There is also a so-called CLIP Score, in which points from 0-2 in the Categories Child Pugh (Statement on liver restriction), tumor morphology, proof of Tumor marker alpha-fetoprotein and presence of one Hepatic vein thrombosis be awarded.


As with any illness, it is very important to ask about the medical history (anamnesis), in which the type, time and duration of the symptoms must not be missing. In many cases there is yellowing of the patient's skin and eyes, which should make the doctor think of a liver disease upon eye contact. The doctor should also ask whether the patient is already known to have cirrhosis of the liver or a hepatitis infection, or whether the patient has an alcohol problem.

In addition to the general physical examination, the doctor should also feel (palpate) the area above the liver to find out whether one can either feel an enlarged liver or even the actual tumor. Sometimes it happens that listening (auscultation) with the stethoscope reveals a pathological flow noise, which is caused by compression of the corresponding blood vessels or high blood pressure in the hepatic vasculature caused by liver cirrhosis and / or liver carcinoma.
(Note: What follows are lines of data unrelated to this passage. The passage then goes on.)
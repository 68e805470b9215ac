-- ===== src/Presence/Calls/Restart.antt =====
-- workers/presence/src/index.ts: a restart of the object loses nothing.
use nexnet.Common.{◌≡◌, refl, List, Text, arith}
use nexnet.Common.Map
use nexnet.Common.Map.{Map, text_key}
use nexnet.Presence.State.{Stored, Tracker, fresh_tracker}
use nexnet.Presence.Tracker.{ensure_loaded}
use nexnet.Presence.Storage.{Agrees}
use nexnet.Common.Map.{Lists}
use nexnet.Presence.Loading.{Restored, reload-Restored}
use nexnet.Presence.Calls.{Platform, Becomes, unchanged, called, restarted, first_tracker}
use nexnet.Presence.Calls.Walks.{run_call-kept}
use nexnet.Presence.Calls.Agreement.{Agrees-Keeps}

first-Agrees : Agrees first_tracker
unfolding Map.get
first-Agrees = record {
  leases = λ id. refl;
  prekeys = λ id. refl;
  filed = λ key v h. absurd (ground (arith, h));
}

Restored-Agrees : (t u : Tracker) → Restored t u → Agrees t → Agrees u
Restored-Agrees t u r v = record {
  leases = λ id. ground (arith, r.leases id, r.storage, v.leases id);
  prekeys = λ id. ground (arith, r.prekeys id, r.storage, v.prekeys id);
  filed = λ key w h. v.filed key w (ground (arith, r.storage, h));
}

pub Becomes-Agrees :
    {platform : Platform} {t : Tracker} → Becomes platform first_tracker t → Agrees t
Becomes-Agrees unchanged = first-Agrees
Becomes-Agrees {platform} (called {u} broken now c before) =
    run_call-kept Agrees-Keeps platform broken now c u (Becomes-Agrees before)
Becomes-Agrees (restarted {u} listing l before) =
    let v = Becomes-Agrees before in Restored-Agrees u _ (reload-Restored u v listing l) v

-- After any calls and restarts, at any times and whatever sockets fail: an object that is made anew,
-- and loads what the storage lists in any order, has for every identity the lease and the prekey
-- bundle that the old object had.
pub restart_loses_nothing :
    (platform : Platform) (t : Tracker) (listing : List (Text × Stored)) (id : Text)
    → Becomes platform first_tracker t
    → Lists listing t.storage
    → (Map.get (ensure_loaded listing (fresh_tracker t.storage)).leases id ≡ Map.get t.leases id)
      × (Map.get (ensure_loaded listing (fresh_tracker t.storage)).prekeys id
          ≡ Map.get t.prekeys id)
restart_loses_nothing platform t listing id reached listed =
    let r = reload-Restored t (Becomes-Agrees reached) listing listed in (r.leases id, r.prekeys id)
Another important examination option is ultrasound, with which the doctor can already recognize a tumorous change in many cases. A statement can also be made here as to whether a finding is a primary carcinoma or daughter tumors (metastases) from other organs. A so-called color Doppler examination as part of the ultrasound makes the flow of the blood clear and indicates whether there has been an overpressure in the liver system and whether any changes found in the liver are already supplied with blood or have broken through the blood vessel system (see staging).
Computed tomography (CT) can also be used afterwards. An X-ray of the chest or a scintigraphy of the skeleton should be performed later to rule out a primary tumor elsewhere in the body. Smaller tumor foci (1-2 cm) can best be detected with magnetic resonance imaging of the vessels (MR angio). A general MRI of the liver can also be useful.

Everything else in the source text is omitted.